Smithsonian Astrophysical Observatory

The Smithsonian Astrophysical Observatory (SAO) is a research center of the Smithsonian Institution. This institution was created by the congress of the United States in 1846 in order to use the legacy made by English James Smithson in the United States in order to found with Washington an establishment for the development and the dissemination of the information. Smithsonian Astrophysical Observatory is very known at the Astronome S to have published in 1966 a Catalog of stars which bears its name (see Catalog SAO).

History

A stammering beginning

Although Smithson did not specify a specific field of research, the president John Quincy Adams requested in 1838 so that part of the funds of this legacy is used to establish a national astronomical observatory, but at this time of other interests prevailed and the institution concentrated in various museums and laboratories. 1890 had to be waited until so that the observatory is founded by Samuel Pierpont Langley, the secretary of the institution. Langley was the first director until his death in 1906. It is especially known as a pioneer of aeronautics but it had a training of astronomer: he invented the Bolomètre, discovered the radiation solar Infrarouge, and was one of the first American scientists to perceive the Astrophysique like a discipline with whole share. Initially, the observatory occupied a small hangar behind the building of Smithsonian Institution and its research was centered on the study of the solar radiation and the solar Constante.
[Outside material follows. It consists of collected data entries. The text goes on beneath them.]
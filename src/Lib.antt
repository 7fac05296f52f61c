-- ===== src/Lib.antt =====
-- A model of the core of the stock trading agent: the back-test engine and the broker that it runs
-- against, the gate that every purchase passes, and the life of a position from its size to its exit.
--
-- Parts of the program, and the files that model them:
--   src/core/models.py, src/core/enums.py: Core/Models and Core/Enums, record for model and data
--     type for enum, with the source's field and constructor names (`open` is written `opened`).
--   src/backtest/data_loader.py, `HistoricalDataLoader`: Backtest/Loader, once it is loaded. A data
--     frame is the list of its rows; a date is a number.
--   src/backtest/simulator.py, `SimulatedBroker`: Backtest/Simulator/State is its fields and the
--     arithmetic of a position, Orders is `place_order` with the helpers it calls, and Market is the
--     constructor, the clock, the valuation, prices, history and balance. Its other files are the
--     proofs: Books and Solvency (cash and orders), Holdings and Moves (positions), Basis and
--     Accounting (cost), Dates (binary search), History and Lookahead (later rows), and Sessions
--     (whole runs). An order identifier is the number that is printed into it.
--   src/backtest/engine.py, `BacktestEngine`: Backtest/Engine/State (its fields and exceptions), Exits
--     (`_check_exits`, `_execute_exit`, `_force_close_all`), Entries (`_risk_check`,
--     `_execute_pending_signals`, `_record_snapshot`), Indicators and Signals (`_generate_signals` and
--     what it calls) and Run (`run`). A method is a function from the engine to an outcome and the
--     engine, and one of the source is cut into a function for each point where it branches. Moves is
--     a step relation, a constructor for each change of the state, one for a purchase that is filled
--     and not recorded since a parameter does not convert among them; Refines, with a child for each
--     phase, shows that a run only makes such steps; and Coupling, Closing, Caps, Limits and Snapshots
--     are what follows. The parameters that signals are made from are values that convert. The
--     indicators, series of floats of pandas and the library ta, are the parameter `Indicators`, and
--     the metrics of a finished run an argument of `run`.
--   src/backtest/llm_replay.py, `LLMReplayProvider`: Backtest/Replay, on the rows of the log, with
--     proofs in Cache and Selection.
--   src/backtest/walk_forward.py, `WalkForwardAnalyzer`: Backtest/WalkForward, with `generate_windows`
--     in its Windows and the proofs in Tiling. Adding months to a date is a parameter.
--   src/strategy/risk_manager.py, `AlgoRiskManager`: Strategy/RiskManager/Rules (the eight rules) and
--     Check (`check`), with proofs in Caps, Safety and Gate. It asks the portfolio for its state,
--     which is an argument of the model: what the portfolio service returns or raises. The texts of
--     warnings and of the reasoning are data that say the same. The return series of the symbols, and
--     their correlation by pandas, are the parameter `Correlations`.
--   src/strategy/sizing.py, `PositionSizer`: Strategy/Sizing, with proofs in Caps and Total.
--   src/strategy/exit_calculator.py, `ExitPriceCalculator`: Strategy/ExitPrices and its Order.
--   src/strategy/exit_checker.py, `ExitConditionChecker`: Strategy/ExitConditions and its Exclusive.
--   src/strategy/position_manager.py, `PositionManager`, on the rows of src/db/models/strategy.py:
--     Strategy/PositionManager, with proofs in Lifecycle, Closing and Queries. A table is its rows in the
--     order of their ids, with the next id; the rounding of its columns is left out.
--   src/strategy/portfolio_state.py, `PortfolioStateService`: Strategy/PortfolioState, with proofs in
--     Peak, Sectors and Snapshots. Its state is the rows of its tables and the cache of sectors;
--     what the columns and `float` round is the parameter `Columns`.
--   src/execution/approval.py, `ApprovalManager`: Execution/Approval (its state, the parsing of an
--     answer and `_handle_callback`) and Request (the two paths, the wait, the timeout and
--     `initialize`), with proofs in Answers, Late and Expiry. The wait ends at the first
--     answer that says something or when the time is up, and handlers of answers run one after the
--     other; a request's answers, with their times, are the argument of the path that waits for them.
--     `int` of a text is a parameter.
--   src/report/metrics.py, `PerformanceCalculator`: Report/Metrics, with proofs in Drawdown and Trades.
--     Powers and roots of decimals are the parameter `Powers`; a power that the library refuses is an
--     error.
--   src/llm/cost_tracker.py, `CostTracker`: Llm/CostTracker, the rows of daily usage and the budget
--     test, with the log of calls in Totals.
--   src/broker/mock/client.py, `InMemoryBroker`: Broker/Mock, with the clock as an argument, its
--     child Market for prices and balance, and the proofs Requests and Cancels. Its default stocks and prices are left to the caller.
--
-- A strategy sizes a trade by the sizer, asks the risk gate, and has the broker place the order; the
-- position manager then keeps the row, which the exit checker tests each day against its stop and
-- target from the exit price calculator. The positions of the broker and the rows of the position
-- manager are two stores, as in the program. The back-test engine calls the broker, the sizer and the
-- exit checker each day, with a risk check of its own, and keeps its positions in memory.
--
-- Methods that may raise are functions from a state to an outcome and a state (Base/Effects): what
-- was written before a raise stays written; Base/Effects/Traces follows methods through a step
-- relation. Loops are structural; the binary search of Base/Bisect runs on fuel, the length of the
-- list, which is enough since each round leaves a shorter interval, and the loop over the windows on
-- the days of the period and two, since each round with a window of a month moves on by a day at
-- least. With a window of no months the source's loop does not end.
--
-- Decimal amounts are an interface (Decimal): each operation may round as the context says, and NaN,
-- infinities and divisions by zero are outside the model. Proofs that need more than the tests take
-- the laws as hypotheses: `IsOrdered` is what correctly rounded arithmetic satisfies, and `IsExact`
-- adds that no result needs more digits than the context keeps. A `quantize` to more digits than the
-- context keeps, which raises, is outside the model too. Decimal/Won, whole won with a
-- truncating quotient, satisfies both, and Tests runs the components on it.
--
-- Base/Tests, Base/Int, Base/Dict, Base/All and Base/Sorting are the shared tests, integers,
-- dictionaries, predicates on lists and sorting; dictionaries keep the order of insertion.
--
-- Not modelled: language models and agents, technical and fundamental analysis, outside services and
-- their caches, the database itself, notifications, reports, the scheduler and the web interface;
-- and, as yet, the strategies and the executor of orders; of the model costs, the reports of usage;
-- of the approvals, the cache, the messages and the decision log; of the metrics, the breakdowns by
-- strategy and by month.
pub mod Base
pub mod Decimal
pub mod Core
pub mod Backtest
pub mod Strategy
pub mod Execution
pub mod Llm
pub mod Report
pub mod Broker
pub mod Tests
New directions and orientations

In 1907, Charles G. Abbot who was assistant with the SAO since 1895, became the new director. Under its direction, several solar observation stations were established in the United States, in South America and Africa. In 1944, when Abbot taken its retirement, Loyal B. Aldrich became the new director.

In 1955 the SAO moved of Washington with Cambridge, Massachusetts to affiliate themselves with the Harvard College Observatory and to extend its team like her field of research. Fred Whipple, then with the head of the department of astronomy in Harvard, was named director of this new SAO to replace Aldrich which took its retirement. Under its direction, the SAO contributed to the American space program by creating an optical world network of follow-up of satellites. Experiments of astronomical observations in orbit, studies on the Comet S and the Meteorite S, and of research in theoretical astrophysics were also undertaken.
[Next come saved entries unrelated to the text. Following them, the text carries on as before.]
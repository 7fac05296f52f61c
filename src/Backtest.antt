-- ===== src/Backtest.antt =====
-- The back-test (src/backtest): the price history and the simulated broker.
pub mod Loader
pub mod Simulator
pub mod Replay
pub mod Engine
pub mod WalkForward
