-- ===== src/Backtest/Engine.antt =====
-- `BacktestEngine` (src/backtest/engine.py): the daily loop over the simulated broker.
pub mod State
pub mod Exits
pub mod Entries
pub mod Indicators
pub mod Signals
pub mod Run
pub mod Moves
pub mod Refines
pub mod Coupling
pub mod Closing
pub mod Caps
pub mod Limits
pub mod Snapshots
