-- ===== src/Decimal.antt =====
-- Python's `decimal.Decimal`, as the operations that the program uses. Every operation may round
-- to the context's precision: nothing is assumed of it here. Values are compared as numbers, and
-- NaN and the infinities do not occur. `Decimal.Laws` states what the proofs rely on, and
-- `Decimal.Won` is an instance.
pub mod Laws
pub mod Won
pub mod Algebra
pub mod Order
use stock_trading_agent.Base.{ℕ, ◌≡◌, Bool, false, true, not, ◌&&◌, if◌then◌else◌, List, [], ◌∷◌}
use stock_trading_agent.Base.Int.{ℤ, pos}

pub record Decimal (D : Type 0) : Type 0 where
  pub plus : D → D → D
  pub minus : D → D → D
  pub times : D → D → D
  -- The code never divides by zero: each use stands behind a test of the divisor.
  pub over : D → D → D
  pub lt : D → D → Bool
  -- `Decimal(n)`
  pub of_int : ℤ → D
  -- `int(x)`, which truncates.
  pub to_int : D → ℤ
  -- `x.quantize(Decimal("1e-n"), rounding=ROUND_HALF_UP)`
  pub quantize : ℕ → D → D

module _ {D : Type 0} ⦃d : Decimal D⦄ where
  infixl 65 ◌+◌ ◌-◌
  infixl 70 ◌*◌ ◌/◌
  infix 50 ◌≤◌ ◌<◌
  abbrev pub ◌+◌ : D → D → D
  x + y = d.plus x y

  abbrev pub ◌-◌ : D → D → D
  x - y = d.minus x y

  abbrev pub ◌*◌ : D → D → D
  x * y = d.times x y

  abbrev pub ◌/◌ : D → D → D
  x / y = d.over x y

  -- `Decimal(n)` for a literal or an integer of the program.
  abbrev pub of_int : ℤ → D
  of_int n = d.of_int n

  abbrev pub to_int : D → ℤ
  to_int x = d.to_int x

  abbrev pub quantize : ℕ → D → D
  quantize n x = d.quantize n x

  abbrev pub dec : ℕ → D
  dec n = d.of_int (pos n)

  -- The comparisons `<`, `<=` and `==` of the program.
  abbrev pub lt : D → D → Bool
  lt x y = d.lt x y

  abbrev pub le : D → D → Bool
  le x y = not (d.lt y x)

  abbrev pub eq : D → D → Bool
  eq x y = not (d.lt x y) && not (d.lt y x)

  abbrev pub min : D → D → D
  min x y = if d.lt y x then y else x

  abbrev pub max : D → D → D
  max x y = if d.lt x y then y else x

  unfoldable pub abs : D → D
  abs x = if d.lt x (d.of_int (pos 0)) then d.minus (d.of_int (pos 0)) x else x

  -- `sum(xs, Decimal(0))`, from the left.
  unfoldable pub sum_from : D → List D → D
  sum_from acc [] = acc
  sum_from acc (x ∷ xs) = sum_from (d.plus acc x) xs

  -- The statements behind the tests.
  abbrev pub ◌≤◌ : D → D → Type 0
  x ≤ y = d.lt y x ≡ false

  abbrev pub ◌<◌ : D → D → Type 0
  x < y = d.lt x y ≡ true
In 1973, the bonds between Smithsonian and Harvard were still tightened and the Harvard-Smithsonian Center for Astrophysics (CFA) was created in Cambridge to coordinate the research activities of the SAO and Harvard College Observatory under only one direction.

Innovations and technological leadership

Currently, the SAO is one of the institutions of the largest astrophysics and most diversified in the world. It initiated the development of observatories in Orbite and large terrestrial telescopes, the use of data processing to solve the astrophysical problems as well as integration of measurements in laboratory, theoretical astrophysics and observations in all the field of the electromagnetic Specter.

Research of the program of CFA, although in relation and complementary, are organized in seven sections: atomic and molecular physics, Astrophysical of high energies, optical and infra-red astronomy, Radioastronomy, physics solar and stellar and astrophysical theoretical. The observational data are collected by rockets, balloons and space engines like by telescopes on the ground: Fred Lawrence Whipple Observatory in Arizona, the Oak Ridge Observatory in Massachusetts and the millimetre-length radio telescope in Cambridge.